### What you will do
If a line in the listing below includes the string "Written", pull it out.

### Available data
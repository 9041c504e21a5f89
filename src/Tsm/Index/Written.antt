-- ===== src/Tsm/Index/Written.antt =====
-- `parseIndex` of internal/tsm/reader.go on a file of the layout that its comments lay down.
use tsm2arc.Prelude.{
  ℕ, suc, ◌+◌, ◌^◌, ◌<◌, List, [], ◌∷◌, ◌++◌, false, ltb, length, length-append, take, drop,
  take-length-append, drop-length-append, Bytes, ◌≡◌, refl, ap, ◌∙◌, arith, All, append_assoc,
}
use tsm2arc.Prelude.Int64.{ℤ, int64, uint64, IsInt64, int64-uint64, uint64-lt}
use tsm2arc.Tsm.{IndexEntry, KeyBlocks, ok}
use tsm2arc.Tsm.Binary.{
  big_endian, put_big_endian, length-put_big_endian, big_endian-take_put, drop_put,
}
use tsm2arc.Tsm.Index.{entry_at, parse_entries, parse_key_blocks}

abbrev pub put_entry : IndexEntry → Bytes
put_entry e =
    put_big_endian 8 (uint64 e.min_time)
    ++ (put_big_endian 8 (uint64 e.max_time)
        ++ (put_big_endian 8 (uint64 e.offset) ++ put_big_endian 4 e.size))

pub record EntryFits (e : IndexEntry) : Type 0 where
  pub min_fits : IsInt64 e.min_time
  pub max_fits : IsInt64 e.max_time
  pub offset_fits : IsInt64 e.offset
  pub size_fits : e.size < 2 ^ 32

length-put_entry : (e : IndexEntry) → length (put_entry e) ≡ 28
length-put_entry e = omega (
  arith,
  length-append (put_big_endian 8 (uint64 e.min_time)) (
      put_big_endian 8 (uint64 e.max_time)
      ++ (put_big_endian 8 (uint64 e.offset) ++ put_big_endian 4 e.size)),
  length-append (put_big_endian 8 (uint64 e.max_time))
      (put_big_endian 8 (uint64 e.offset) ++ put_big_endian 4 e.size),
  length-append (put_big_endian 8 (uint64 e.offset)) (put_big_endian 4 e.size),
  length-put_big_endian 8 (uint64 e.min_time),
  length-put_big_endian 8 (uint64 e.max_time),
  length-put_big_endian 8 (uint64 e.offset),
  length-put_big_endian 4 e.size,
)

-- Eight bytes of an int64, and what stands behind them.
int64_front :
    (z : ℤ) (rest : Bytes)
    → IsInt64 z
    → (int64 (big_endian (take 8 (put_big_endian 8 (uint64 z) ++ rest))) ≡ z)
      × (drop 8 (put_big_endian 8 (uint64 z) ++ rest) ≡ rest)
int64_front z rest h = (
  ap int64 (big_endian-take_put 8 (uint64 z) rest (uint64-lt z)) ∙ int64-uint64 z h,
  drop_put 8 (uint64 z) rest,
)

entry_at-fields :
    (a b c : ℤ) (d : ℕ) (rest : Bytes)
    → IsInt64 a
    → IsInt64 b
    → IsInt64 c
    → d < 2 ^ 32
    → entry_at (
        put_big_endian 8 (uint64 a)
        ++ (put_big_endian 8 (uint64 b)
            ++ (put_big_endian 8 (uint64 c) ++ (put_big_endian 4 d ++ rest))))
      ≡ record { min_time = a; max_time = b; offset = c; size = d }
unfolding entry_at
entry_at-fields a b c d rest ha hb hc hd =
    let t3 = put_big_endian 4 d ++ rest in
    let t2 = put_big_endian 8 (uint64 c) ++ t3 in
    let t1 = put_big_endian 8 (uint64 b) ++ t2 in
    let (ea, da) = int64_front a t1 ha in
    let (eb, db) = int64_front b t2 hb in
    let (ec, dc) = int64_front c t3 hc in
    rw (ea, da, eb, db, ec, dc, big_endian-take_put 4 d rest hd) refl

entry_at-put : (e : IndexEntry) (rest : Bytes) → EntryFits e → entry_at (put_entry e ++ rest) ≡ e
entry_at-put e rest h =
    let regroup : put_entry e ++ rest
        ≡ put_big_endian 8 (uint64 e.min_time)
          ++ (put_big_endian 8 (uint64 e.max_time)
              ++ (put_big_endian 8 (uint64 e.offset) ++ (put_big_endian 4 e.size ++ rest))) =
      simp append_assoc in
    ap entry_at regroup
    ∙ entry_at-fields e.min_time e.max_time e.offset e.size rest h.min_fits h.max_fits h.offset_fits
        h.size_fits

abbrev pub put_entries : List IndexEntry → Bytes
put_entries [] = []
put_entries (e ∷ es) = put_entry e ++ put_entries es

parse_entries-put :
    (es : List IndexEntry) (rest : Bytes)
    → All EntryFits es
    → parse_entries (length es) (put_entries es ++ rest) ≡ ok (es, rest)
parse_entries-put [] rest h = unfold parse_entries in refl
parse_entries-put (e ∷ es) rest (he, h) =
    let tail = put_entries es ++ rest in
    ap (parse_entries (suc (length es))) (append_assoc (put_entry e) (put_entries es) rest)
    ∙ parse_entries_round (length es) e tail he (parse_entries-put es rest h)
  where
    parse_entries_round :
        (n : ℕ) (e : IndexEntry) (tail : Bytes)
        → EntryFits e
        → {p : List IndexEntry × Bytes} → parse_entries n tail ≡ ok p
        → parse_entries (suc n) (put_entry e ++ tail) ≡ ok (e ∷ p.0, p.1)
    parse_entries_round n e tail he h =
        let l = length-put_entry e in
        let whole : ltb (length (put_entry e ++ tail)) 28 ≡ false =
          (let k = length-append (put_entry e) tail in ground arith) in
        let behind : drop 28 (put_entry e ++ tail) ≡ tail =
          rw (← l) (drop-length-append (put_entry e) tail) in
        unfold parse_entries in rw (whole, behind, h, entry_at-put e tail he) refl

abbrev pub put_key_blocks : KeyBlocks → Bytes
put_key_blocks kb =
    put_big_endian 2 (length kb.key)
    ++ (kb.key
        ++ (put_big_endian 1 kb.type
            ++ (put_big_endian 2 (length kb.entries) ++ put_entries kb.entries)))

pub record KeyBlocksFit (kb : KeyBlocks) : Type 0 where
  pub key_fits : length kb.key < 2 ^ 16
  pub type_fits : kb.type < 256
  pub count_fits : length kb.entries < 2 ^ 16
  pub entries_fit : All EntryFits kb.entries

key_blocks_round :
    (key : Bytes) (type : ℕ) (es : List IndexEntry) (rest : Bytes)
    → length key < 2 ^ 16
    → type < 256
    → length es < 2 ^ 16
    → All EntryFits es
    → parse_key_blocks (
        put_big_endian 2 (length key)
        ++ (key
            ++ (put_big_endian 1 type
                ++ (put_big_endian 2 (length es) ++ (put_entries es ++ rest)))))
      ≡ ok (record { key = key; type = type; entries = es }, rest)
unfolding parse_key_blocks
key_blocks_round key type es rest hk ht hc he =
    let t4 = put_entries es ++ rest in
    let t3 = put_big_endian 2 (length es) ++ t4 in
    let t2 = put_big_endian 1 type ++ t3 in
    let t1 = key ++ t2 in
    let l1 = length-append key t2 in
    let l2 = length-append (put_big_endian 1 type) t3 in
    let l3 = length-append (put_big_endian 2 (length es)) t4 in
    let l0 = length-append (put_big_endian 2 (length key)) t1 in
    let b1 = length-put_big_endian 1 type in
    let b2 = length-put_big_endian 2 (length es) in
    let b0 = length-put_big_endian 2 (length key) in
    let two : ltb (length (put_big_endian 2 (length key) ++ t1)) 2 ≡ false = ground arith in
    let room : ltb (length t1) (length key + 3) ≡ false = ground arith in
    rw (two, big_endian-take_put 2 (length key) t1 hk, drop_put 2 (length key) t1, room)
      (rw
        (
          take-length-append key t2,
          drop-length-append key t2,
          big_endian-take_put 1 type t3 ht,
          drop_put 1 type t3,
          big_endian-take_put 2 (length es) t4 hc,
          drop_put 2 (length es) t4,
          parse_entries-put es rest he,
        )
        refl)

pub parse_key_blocks-put :
    (kb : KeyBlocks) (rest : Bytes)
    → KeyBlocksFit kb
    → parse_key_blocks (put_key_blocks kb ++ rest) ≡ ok (kb, rest)
parse_key_blocks-put kb rest h =
    let regroup : put_key_blocks kb ++ rest
        ≡ put_big_endian 2 (length kb.key)
          ++ (kb.key
              ++ (put_big_endian 1 kb.type
                  ++ (put_big_endian 2 (length kb.entries) ++ (put_entries kb.entries ++ rest)))) =
      simp append_assoc in
    ap parse_key_blocks regroup
    ∙ key_blocks_round kb.key kb.type kb.entries rest h.key_fits h.type_fits h.count_fits
        h.entries_fit

pub length-put_key_blocks_pos : (kb : KeyBlocks) → 0 < length (put_key_blocks kb)
length-put_key_blocks_pos kb = omega (
  arith,
  length-append (put_big_endian 2 (length kb.key)) (
      kb.key
      ++ (put_big_endian 1 kb.type
          ++ (put_big_endian 2 (length kb.entries) ++ put_entries kb.entries))),
  length-put_big_endian 2 (length kb.key),
)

### Answer to the exercise
filename src/Tsm/Index/Written.antt
-- ===== src/Tsm/Index/Written.antt =====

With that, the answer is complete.